Task brief: Only a number is expected: how many lines in the entries that follow contain the word "Type"?

Start of Data in this exercise

-- ===== src/System/Serving.antt =====
-- The block servers behind the load balancer: what a call that reaches one of them does.
use replicated_block_store.Prelude.{
  ℕ, ◌≡◌, ◌≢◌, ◌⊎◌, inl, inr, ◌≤◌, ◌+◌, [], refl, ◌∙◌, Bool, true, false, Bytes, bytes_ne,
  bytes_eq_refl, length,
}
use replicated_block_store.Disk.{Disk, Faults}
use replicated_block_store.Address.{block_size, block_storage_max_size}
use replicated_block_store.Address.Blocks.{file_parts}
use replicated_block_store.Address.Paths.{max_blocks}
use replicated_block_store.Device.{Device, write_device, read_shown}
use replicated_block_store.Server.{Server, ok, unavailable, returns}
use replicated_block_store.Server.Block.{call_prepare}
use replicated_block_store.Server.Write.{write, reply}
use replicated_block_store.Server.Link.{down}
use replicated_block_store.Server.Staging.{Calm}
use replicated_block_store.Server.View.{view}
use replicated_block_store.Server.Sound.{IsSound, IsReady-sound, write-IsSound}
use replicated_block_store.Server.Alone.{write_alone}
use replicated_block_store.Server.Replication.{write_replicates}
use replicated_block_store.Server.Runs.{write_device-congr}
use replicated_block_store.Server.Serving.{read-view}
use replicated_block_store.System.{Site, Cluster, peer, call_write, call_read}

-- A disk between requests that holds the device `v`.
pub record Holds (v : Device) (d : Disk) : Type 0 where
  pub sound : IsSound d
  pub same : (b : ℕ) → b ≤ max_blocks → view d b ≡ v b

-- A disk whose blocks are those that a write makes of such a disk's.
Holds-write :
    (a : ℕ) (buffer : Bytes) (v : Device) (d e : Disk)
    → Holds v d
    → IsSound e
    → ((b : ℕ) → b ≤ max_blocks → view e b ≡ write_device a buffer (view d) b)
    → Holds (write_device a buffer v) e
Holds-write a buffer v d e h sound views = record {
  sound = sound;
  same = λ b hb. views b hb ∙ write_device-congr a buffer (view d) v b (h.same b hb);
}

-- A write on a server that holds the device, whether its peer is up, and holds it too, or is not.
pub write-Holds :
    (os osb : Faults) (up : Bool) (now buffer : Bytes) (a : ℕ) (v : Device) (s p : Server)
    → Calm os
    → Calm osb
    → a + block_size ≤ block_storage_max_size
    → length buffer ≡ block_size
    → Holds v s.disk
    → (up ≡ true → Holds v p.disk)
    → let w = write os false (peer up osb) now a buffer s p in
      (w.0 ≡ returns (reply ok))
      × Holds (write_device a buffer v) w.1.disk
      × (up ≡ true → Holds (write_device a buffer v) w.2.disk)
write-Holds os osb true now buffer a v s p calm calmb bound n h hp =
    let g = hp refl in
    let (o, vs, vp, _, _) =
      write_replicates os osb false now buffer a s p calm calmb bound n
        (IsReady-sound s.disk a bound h.sound) (IsReady-sound p.disk a bound g.sound) in
    let (ss, sp) = write-IsSound os osb false now buffer a s p calm calmb bound n h.sound g.sound in
    (o, Holds-write a buffer v s.disk _ h ss vs, λ _. Holds-write a buffer v p.disk _ g sp vp)
write-Holds os osb false now buffer a v s p calm calmb bound n h hp =
    let lost : (call_prepare (down {P = Server}) now buffer (file_parts a) p).0 ≡ unavailable =
      unfold call_prepare down in refl in
    let (o, vs, ss, _) =
      write_alone os calm false (down {P = Server}) now buffer a p bound n lost s h.sound in
    (o, Holds-write a buffer v s.disk _ h ss vs, λ e. absurd (cc))

-- The servers that are up hold the device.
pub record IsCurrent (site : Site) (v : Device) (c : Cluster) : Type 0 where
  pub at_a : site.up_a ≡ true → Holds v c.at_a.disk
  pub at_b : site.up_b ≡ true → Holds v c.at_b.disk

-- An address at which a server is up.
abbrev pub IsHost : Site → Bytes → Type 0
IsHost site t = ((t ≡ site.addr_a) × (site.up_a ≡ true)) ⊎ ((t ≡ site.addr_b) × (site.up_b ≡ true))

-- Two servers at two addresses, on which nothing is refused.
pub record IsCalm (site : Site) : Type 0 where
  pub apart : site.addr_b ≢ site.addr_a
  pub named : site.addr_b ≢ []
  pub calm_a : Calm site.os_a
  pub calm_b : Calm site.os_b

module _ (site : Site) (env : IsCalm site) (t : Bytes) (host : IsHost site t) (v : Device)
    (c : Cluster) (now : IsCurrent site v c) (a : ℕ)
    (bound : a + block_size ≤ block_storage_max_size) where
  pub call_write-host :
      (buffer : Bytes)
      → length buffer ≡ block_size
      → ((call_write site t a buffer c).0 ≡ ok)
        × IsCurrent site (write_device a buffer v) (call_write site t a buffer c).1
        × ((call_write site t a buffer c).1.balancer ≡ c.balancer)
  unfolding call_write
  call_write-host buffer n = elim host [
    | inl (e, up) ↦
        let (o, hs, hp) =
          write-Holds site.os_a site.os_b site.up_b (site.clock c.ticks) buffer a v c.at_a c.at_b
            env.calm_a env.calm_b bound n (now.at_a up) now.at_b in
        rw (e, bytes_eq_refl, up, o) (refl, record { at_a = λ _. hs; at_b = hp }, refl)
    | inr (e, up) ↦
        let (o, hs, hp) =
          write-Holds site.os_b site.os_a site.up_a (site.clock c.ticks) buffer a v c.at_b c.at_a
            env.calm_b env.calm_a bound n (now.at_b up) now.at_a in
        rw (e, bytes_ne site.addr_b site.addr_a env.apart, bytes_eq_refl, up, o)
          (refl, record { at_a = hp; at_b = λ _. hs }, refl)
  ]

  pub call_read-host :
      (reply : Bytes)
      → call_read site t a (record { cluster = c; reply = reply })
        ≡ (ok, record { cluster = c; reply = read_shown a v })
  unfolding call_read
  call_read-host reply = elim host [
    | inl (e, up) ↦
        let h = now.at_a up in
        rw (e, bytes_eq_refl, up, read-view site.os_a a c.at_a v env.calm_a bound h.sound h.same)
          refl
    | inr (e, up) ↦
        let h = now.at_b up in
        rw
          (
            e,
            bytes_ne site.addr_b site.addr_a env.apart,
            bytes_eq_refl,
            up,
            read-view site.os_b a c.at_b v env.calm_b bound h.sound h.same,
          )
          refl
  ]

End of Data in this exercise

Solution for this task: 4